**PROBLEM DESCRIPTION:** Once the line containing "num_dimensions = 1;" is found in the entries below, reproduce it and every line after it, stopping at and including the line containing "sent_all.task_state ≡ 2)"; reproduce nothing else, and keep each line exact.

**SOURCE INFORMATION:**
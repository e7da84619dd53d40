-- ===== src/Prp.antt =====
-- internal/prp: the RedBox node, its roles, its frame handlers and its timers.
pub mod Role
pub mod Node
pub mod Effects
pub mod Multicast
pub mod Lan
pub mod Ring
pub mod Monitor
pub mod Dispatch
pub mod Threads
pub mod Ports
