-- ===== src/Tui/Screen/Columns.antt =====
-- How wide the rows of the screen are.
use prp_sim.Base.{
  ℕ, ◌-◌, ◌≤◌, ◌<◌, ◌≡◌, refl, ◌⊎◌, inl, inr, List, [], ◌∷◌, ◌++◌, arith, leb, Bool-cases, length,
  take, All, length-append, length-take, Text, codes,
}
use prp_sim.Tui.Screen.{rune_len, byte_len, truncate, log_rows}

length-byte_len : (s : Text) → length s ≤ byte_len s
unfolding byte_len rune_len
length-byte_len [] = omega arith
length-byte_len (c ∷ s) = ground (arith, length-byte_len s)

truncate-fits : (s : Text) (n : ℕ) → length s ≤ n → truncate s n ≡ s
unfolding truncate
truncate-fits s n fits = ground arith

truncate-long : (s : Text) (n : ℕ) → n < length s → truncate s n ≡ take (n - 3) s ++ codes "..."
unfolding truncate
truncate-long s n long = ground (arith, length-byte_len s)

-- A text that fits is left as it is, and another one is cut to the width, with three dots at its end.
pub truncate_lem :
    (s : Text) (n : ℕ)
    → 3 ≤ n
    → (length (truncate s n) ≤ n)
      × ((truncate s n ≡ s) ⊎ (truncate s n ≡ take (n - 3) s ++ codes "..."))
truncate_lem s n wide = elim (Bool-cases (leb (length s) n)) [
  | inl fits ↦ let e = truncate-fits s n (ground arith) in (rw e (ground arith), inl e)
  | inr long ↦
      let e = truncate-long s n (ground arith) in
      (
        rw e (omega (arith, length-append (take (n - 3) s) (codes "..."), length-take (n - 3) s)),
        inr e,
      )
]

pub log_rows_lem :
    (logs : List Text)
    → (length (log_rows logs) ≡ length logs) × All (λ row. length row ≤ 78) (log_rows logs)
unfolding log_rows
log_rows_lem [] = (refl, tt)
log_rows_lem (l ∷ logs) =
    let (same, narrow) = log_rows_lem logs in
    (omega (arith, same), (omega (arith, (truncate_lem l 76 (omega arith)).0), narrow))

* * *

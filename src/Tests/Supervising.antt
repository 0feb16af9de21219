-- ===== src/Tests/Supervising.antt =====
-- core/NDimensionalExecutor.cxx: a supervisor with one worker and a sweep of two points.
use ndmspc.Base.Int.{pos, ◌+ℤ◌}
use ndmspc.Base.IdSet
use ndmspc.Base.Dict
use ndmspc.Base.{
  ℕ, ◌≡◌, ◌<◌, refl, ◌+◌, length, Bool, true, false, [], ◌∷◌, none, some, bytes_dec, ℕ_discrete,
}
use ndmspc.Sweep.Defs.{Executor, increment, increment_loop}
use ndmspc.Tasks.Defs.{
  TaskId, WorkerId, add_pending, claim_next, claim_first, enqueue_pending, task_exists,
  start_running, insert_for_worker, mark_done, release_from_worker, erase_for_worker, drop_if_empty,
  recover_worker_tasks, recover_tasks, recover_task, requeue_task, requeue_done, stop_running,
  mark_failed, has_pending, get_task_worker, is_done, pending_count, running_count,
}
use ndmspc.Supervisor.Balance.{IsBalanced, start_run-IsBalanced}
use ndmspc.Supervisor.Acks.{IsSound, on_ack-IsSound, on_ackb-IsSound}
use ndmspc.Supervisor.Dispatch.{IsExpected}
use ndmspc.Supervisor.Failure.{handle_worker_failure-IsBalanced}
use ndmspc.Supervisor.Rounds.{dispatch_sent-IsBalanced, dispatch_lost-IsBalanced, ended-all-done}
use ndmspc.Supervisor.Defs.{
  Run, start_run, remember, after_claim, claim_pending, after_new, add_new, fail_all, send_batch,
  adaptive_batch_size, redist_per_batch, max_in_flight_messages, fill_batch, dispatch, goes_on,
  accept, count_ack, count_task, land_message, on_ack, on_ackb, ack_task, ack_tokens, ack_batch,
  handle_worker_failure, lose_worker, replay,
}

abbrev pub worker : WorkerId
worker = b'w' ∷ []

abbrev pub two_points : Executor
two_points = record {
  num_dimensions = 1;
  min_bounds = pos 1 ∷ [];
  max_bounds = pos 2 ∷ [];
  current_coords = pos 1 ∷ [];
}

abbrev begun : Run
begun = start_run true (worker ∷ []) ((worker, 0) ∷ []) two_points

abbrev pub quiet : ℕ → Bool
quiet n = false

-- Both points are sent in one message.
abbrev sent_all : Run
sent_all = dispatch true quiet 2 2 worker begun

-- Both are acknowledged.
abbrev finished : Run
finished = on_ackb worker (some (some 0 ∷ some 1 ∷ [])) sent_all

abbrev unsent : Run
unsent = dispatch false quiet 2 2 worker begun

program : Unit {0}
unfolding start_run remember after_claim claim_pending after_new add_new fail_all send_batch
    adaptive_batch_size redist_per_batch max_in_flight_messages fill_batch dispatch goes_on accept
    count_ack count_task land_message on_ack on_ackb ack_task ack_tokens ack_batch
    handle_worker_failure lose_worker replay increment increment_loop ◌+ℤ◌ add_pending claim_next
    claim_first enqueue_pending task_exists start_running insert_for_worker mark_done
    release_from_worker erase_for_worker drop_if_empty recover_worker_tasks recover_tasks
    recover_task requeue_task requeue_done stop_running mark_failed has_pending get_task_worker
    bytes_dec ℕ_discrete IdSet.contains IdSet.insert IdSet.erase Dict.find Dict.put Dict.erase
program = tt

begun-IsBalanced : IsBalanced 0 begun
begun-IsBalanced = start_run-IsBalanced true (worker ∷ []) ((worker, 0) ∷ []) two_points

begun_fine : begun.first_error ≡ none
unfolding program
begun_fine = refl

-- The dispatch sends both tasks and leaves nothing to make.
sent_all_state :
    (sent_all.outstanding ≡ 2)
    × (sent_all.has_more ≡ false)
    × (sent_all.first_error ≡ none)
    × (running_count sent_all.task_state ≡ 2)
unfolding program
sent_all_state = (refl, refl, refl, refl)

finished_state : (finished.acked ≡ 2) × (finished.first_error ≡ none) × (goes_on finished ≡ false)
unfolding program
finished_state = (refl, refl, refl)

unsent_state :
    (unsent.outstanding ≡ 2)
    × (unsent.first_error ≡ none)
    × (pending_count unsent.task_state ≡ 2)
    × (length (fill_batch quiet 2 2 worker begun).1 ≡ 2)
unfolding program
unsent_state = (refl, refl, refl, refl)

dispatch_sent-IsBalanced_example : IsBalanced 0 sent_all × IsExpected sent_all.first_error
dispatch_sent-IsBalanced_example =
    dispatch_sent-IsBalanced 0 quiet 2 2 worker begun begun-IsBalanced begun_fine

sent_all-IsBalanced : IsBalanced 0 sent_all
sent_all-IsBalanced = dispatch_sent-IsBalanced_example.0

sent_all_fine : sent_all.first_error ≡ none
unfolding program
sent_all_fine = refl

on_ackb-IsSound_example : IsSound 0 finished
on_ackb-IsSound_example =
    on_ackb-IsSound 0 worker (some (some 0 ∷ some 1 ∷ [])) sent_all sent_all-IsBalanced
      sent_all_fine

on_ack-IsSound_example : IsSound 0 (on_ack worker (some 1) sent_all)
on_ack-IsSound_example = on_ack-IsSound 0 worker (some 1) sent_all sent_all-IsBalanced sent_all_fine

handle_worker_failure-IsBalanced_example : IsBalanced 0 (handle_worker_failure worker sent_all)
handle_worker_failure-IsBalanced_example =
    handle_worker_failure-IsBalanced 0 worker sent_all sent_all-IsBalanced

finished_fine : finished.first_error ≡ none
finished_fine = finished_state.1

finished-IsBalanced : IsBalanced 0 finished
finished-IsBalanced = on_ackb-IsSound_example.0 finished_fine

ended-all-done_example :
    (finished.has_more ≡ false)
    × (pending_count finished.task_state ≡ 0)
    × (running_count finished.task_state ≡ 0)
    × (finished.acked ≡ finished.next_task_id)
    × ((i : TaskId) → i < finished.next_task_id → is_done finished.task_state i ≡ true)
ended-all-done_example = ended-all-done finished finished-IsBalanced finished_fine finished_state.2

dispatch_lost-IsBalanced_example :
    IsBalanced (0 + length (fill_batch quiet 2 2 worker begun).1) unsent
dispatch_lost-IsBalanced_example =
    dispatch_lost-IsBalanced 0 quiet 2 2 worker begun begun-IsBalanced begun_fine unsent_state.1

**TASK RESULT:**
  num_dimensions = 1;
  min_bounds = pos 1 ∷ [];
  max_bounds = pos 2 ∷ [];
  current_coords = pos 1 ∷ [];
}

abbrev begun : Run
begun = start_run true (worker ∷ []) ((worker, 0) ∷ []) two_points

abbrev pub quiet : ℕ → Bool
quiet n = false

-- Both points are sent in one message.
abbrev sent_all : Run
sent_all = dispatch true quiet 2 2 worker begun

-- Both are acknowledged.
abbrev finished : Run
finished = on_ackb worker (some (some 0 ∷ some 1 ∷ [])) sent_all

abbrev unsent : Run
unsent = dispatch false quiet 2 2 worker begun

program : Unit {0}
unfolding start_run remember after_claim claim_pending after_new add_new fail_all send_batch
    adaptive_batch_size redist_per_batch max_in_flight_messages fill_batch dispatch goes_on accept
    count_ack count_task land_message on_ack on_ackb ack_task ack_tokens ack_batch
    handle_worker_failure lose_worker replay increment increment_loop ◌+ℤ◌ add_pending claim_next
    claim_first enqueue_pending task_exists start_running insert_for_worker mark_done
    release_from_worker erase_for_worker drop_if_empty recover_worker_tasks recover_tasks
    recover_task requeue_task requeue_done stop_running mark_failed has_pending get_task_worker
    bytes_dec ℕ_discrete IdSet.contains IdSet.insert IdSet.erase Dict.find Dict.put Dict.erase
program = tt

begun-IsBalanced : IsBalanced 0 begun
begun-IsBalanced = start_run-IsBalanced true (worker ∷ []) ((worker, 0) ∷ []) two_points

begun_fine : begun.first_error ≡ none
unfolding program
begun_fine = refl

-- The dispatch sends both tasks and leaves nothing to make.
sent_all_state :
    (sent_all.outstanding ≡ 2)
    × (sent_all.has_more ≡ false)
    × (sent_all.first_error ≡ none)
    × (running_count sent_all.task_state ≡ 2)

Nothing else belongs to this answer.